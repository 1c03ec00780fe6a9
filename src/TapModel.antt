-- ===== src/TapModel.antt =====
-- The behavioural model of a TAP core: the state machine, the instruction register, and the data
-- registers that are registered for its instructions (src/warptap/tap_model.py). Registers that a
-- caller plugs in are objects of one type `R`, held in a store by handle, so that one object can
-- serve two instructions.
pub mod Registers
pub mod Opcodes
pub mod Decode
pub mod ShiftRegister
use warptap.Base.{
  ℕ, ◌%◌, ◌==◌, if◌then◌else◌, Bool, true, false, Option, none, some, Result, ok, err, ◌>>=◌, ◌>>◌,
}
use mathlib.Core.Option
use warptap.TapFsm.{
  TapState, next_state, test_logic_reset, capture_ir, shift_ir, update_ir, capture_dr, shift_dr,
  update_dr,
}
use Opcodes.{
  Instruction, extest, sample_preload, idcode, bypass, ijtag_access, Problem, Value,
  decode_instruction, idcode_value_error, ijtag_access_opcode_error, network_access_instruction,
  opcode_idcode, opcode_extest, opcode_sample_preload, capture_ir_pattern, bypass_opcode,
  same_instruction, value_of,
}
use Registers.{
  DataRegister, BypassRegister, IdcodeRegister, new_bypass, new_idcode, reset_bypass, reset_idcode,
  bypass_methods, idcode_methods, shift_in,
}

-- `TapModelError`.
pub data TapModelError : Type 0 where
  invalid : Problem → TapModelError
  no_register : Instruction → TapModelError

-- What an entry of `_data_registers` refers to.
pub data Handle : Type 0 where
  builtin_bypass builtin_idcode : Handle
  plugged : ℕ → Handle

pub record TapModel (R : Type 0) : Type 0 where
  pub ir_width : ℕ
  pub has_idcode : Bool
  pub ijtag_access_opcode : Option ℕ
  pub network_instruction : Instruction
  pub bypass_register : BypassRegister
  pub idcode_register : IdcodeRegister  -- no handle refers to it if IDCODE is not configured
  pub data_registers : Instruction → Option Handle
  pub objects : ℕ → R
  pub state : TapState
  pub ir_shift : ℕ
  pub instruction : Instruction

-- `_reset_instruction`.
unfoldable pub reset_instruction : Bool → Instruction
reset_instruction has_idcode = if has_idcode then idcode else bypass

-- `d[key] = value`.
abbrev pub put {ℓ} : {A : Type ℓ} → Instruction → A → (Instruction → A) → Instruction → A
put key value d i = if same_instruction key i then value else d i

-- The registers that `__init__` enters.
unfoldable pub builtin_registers : Bool → Instruction → Option Handle
builtin_registers has_idcode =
    let only_bypass = put bypass (some builtin_bypass) (λ i. none) in
    if has_idcode then put idcode (some builtin_idcode) only_bypass else only_bypass

-- The entries of `opcodes` in `instruction_opcode`.
unfoldable pub opcode_of : ℕ → Option ℕ → Instruction → Option ℕ
unfolding bypass_opcode
opcode_of ir_width access extest = some opcode_extest
opcode_of ir_width access sample_preload = some opcode_sample_preload
opcode_of ir_width access idcode = some opcode_idcode
opcode_of ir_width access bypass = some (bypass_opcode ir_width)
opcode_of ir_width access ijtag_access = access

abbrev raise_if_problem : Option Problem → Result TapModelError (Unit {0})
raise_if_problem none = ok tt
raise_if_problem (some p) = err (invalid p)

abbrev opcode_problem : Option Value → ℕ → Option Problem
opcode_problem none ir_width = none
opcode_problem (some v) ir_width = ijtag_access_opcode_error v ir_width

module _ {R : Type 0} where
  -- `__init__`, over the store of the objects that may be plugged in later.
  unfoldable pub init :
      (ℕ → R) → ℕ → Bool → Value → Option Value → Result TapModelError (TapModel R)
  unfolding builtin_registers reset_instruction network_access_instruction new_bypass new_idcode
  init objects ir_width has_idcode idcode_value access = do
    raise_if_problem (if has_idcode then idcode_value_error idcode_value else none)
    raise_if_problem (opcode_problem access ir_width)
    let opcode = Option.map value_of access
    ok (record {
      ir_width = ir_width;
      has_idcode = has_idcode;
      ijtag_access_opcode = opcode;
      network_instruction = network_access_instruction opcode;
      bypass_register = new_bypass;
      idcode_register = new_idcode (value_of idcode_value);
      data_registers = builtin_registers has_idcode;
      objects = objects;
      state = test_logic_reset;
      ir_shift = 0;
      instruction = reset_instruction has_idcode;
    })

  unfoldable pub register_data_register : Instruction → ℕ → TapModel R → TapModel R
  register_data_register i k m = record m {
    data_registers = put i (some (plugged k)) m.data_registers;
  }

  -- Without IDCODE the model's IDCODE register is not in `_builtin_registers`, and nothing reads it.
  unfoldable pub reset : TapModel R → TapModel R
  unfolding reset_instruction reset_bypass reset_idcode
  reset m = record m {
    state = test_logic_reset;
    ir_shift = 0;
    instruction = reset_instruction m.has_idcode;
    bypass_register = reset_bypass m.bypass_register;
    idcode_register = reset_idcode m.idcode_register;
  }

  -- `instruction_opcode`; `none` is the KeyError.
  unfoldable pub instruction_opcode : TapModel R → Option ℕ
  unfolding opcode_of
  instruction_opcode m = opcode_of m.ir_width m.ijtag_access_opcode m.instruction

  -- `_active_dr`.
  unfoldable pub active_dr : TapModel R → Result TapModelError Handle
  active_dr m = elim (m.data_registers m.instruction) [
    | some h ↦ ok h
    | none ↦ err (no_register m.instruction)
  ]

module _ {R : Type 0} ⦃dr : DataRegister R⦄ where
  abbrev store : ℕ → R → (ℕ → R) → ℕ → R
  store k r objects j = if k == j then r else objects j

  -- The three methods, called through a handle.
  unfoldable pub capture : Handle → TapModel R → TapModel R
  unfolding bypass_methods idcode_methods
  capture builtin_bypass m = record m { bypass_register = bypass_methods.capture m.bypass_register }
  capture builtin_idcode m = record m { idcode_register = idcode_methods.capture m.idcode_register }
  capture (plugged k) m = record m { objects = store k (dr.capture (m.objects k)) m.objects }

  unfoldable pub shift : Handle → ℕ → TapModel R → TapModel R × ℕ
  unfolding bypass_methods idcode_methods
  shift builtin_bypass tdi m =
      let (r, tdo) = bypass_methods.shift m.bypass_register tdi in
      (record m { bypass_register = r }, tdo)
  shift builtin_idcode tdi m =
      let (r, tdo) = idcode_methods.shift m.idcode_register tdi in
      (record m { idcode_register = r }, tdo)
  shift (plugged k) tdi m =
      let (r, tdo) = dr.shift (m.objects k) tdi in (record m { objects = store k r m.objects }, tdo)

  unfoldable pub update : Handle → TapModel R → TapModel R
  unfolding bypass_methods idcode_methods
  update builtin_bypass m = record m { bypass_register = bypass_methods.update m.bypass_register }
  update builtin_idcode m = record m { idcode_register = idcode_methods.update m.idcode_register }
  update (plugged k) m = record m { objects = store k (dr.update (m.objects k)) m.objects }

  -- The `if` chain of `tick`, on the state before the edge.
  unfoldable pub act : TapState → ℕ → TapModel R → Result TapModelError (TapModel R × ℕ)
  unfolding reset_instruction active_dr capture shift update shift_in
  act test_logic_reset tdi m = ok (record m { instruction = reset_instruction m.has_idcode }, 0)
  act capture_ir tdi m = ok (record m { ir_shift = capture_ir_pattern }, 0)
  act shift_ir tdi m =
      ok (record m { ir_shift = shift_in m.ir_width m.ir_shift tdi }, m.ir_shift % 2)
  act update_ir tdi m = ok (
    record m {
      instruction = decode_instruction m.ir_shift m.ir_width m.has_idcode m.ijtag_access_opcode;
    },
    0,
  )
  act capture_dr tdi m = do h ← active_dr m; ok (capture h m, 0)
  act shift_dr tdi m = do h ← active_dr m; ok (shift h tdi m)
  act update_dr tdi m = do h ← active_dr m; ok (update h m, 0)
  act _ tdi m = ok (m, 0)

  -- One rising edge of TCK: the new model, and TDO.
  unfoldable pub tick : ℕ → ℕ → TapModel R → Result TapModelError (TapModel R × ℕ)
  unfolding act
  tick tms tdi m = do
    (m', tdo) ← act m.state tdi m
    ok (record m' { state = next_state m.state tms }, tdo)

What you will do
Write out only the lines that run from the line containing "invalid : Problem → TapModelError" through the line containing "pub bypass_register : BypassRegister", both included, exactly as they appear above.

Exercise result
  invalid : Problem → TapModelError
  no_register : Instruction → TapModelError

-- What an entry of `_data_registers` refers to.
pub data Handle : Type 0 where
  builtin_bypass builtin_idcode : Handle
  plugged : ℕ → Handle

pub record TapModel (R : Type 0) : Type 0 where
  pub ir_width : ℕ
  pub has_idcode : Bool
  pub ijtag_access_opcode : Option ℕ
  pub network_instruction : Instruction
  pub bypass_register : BypassRegister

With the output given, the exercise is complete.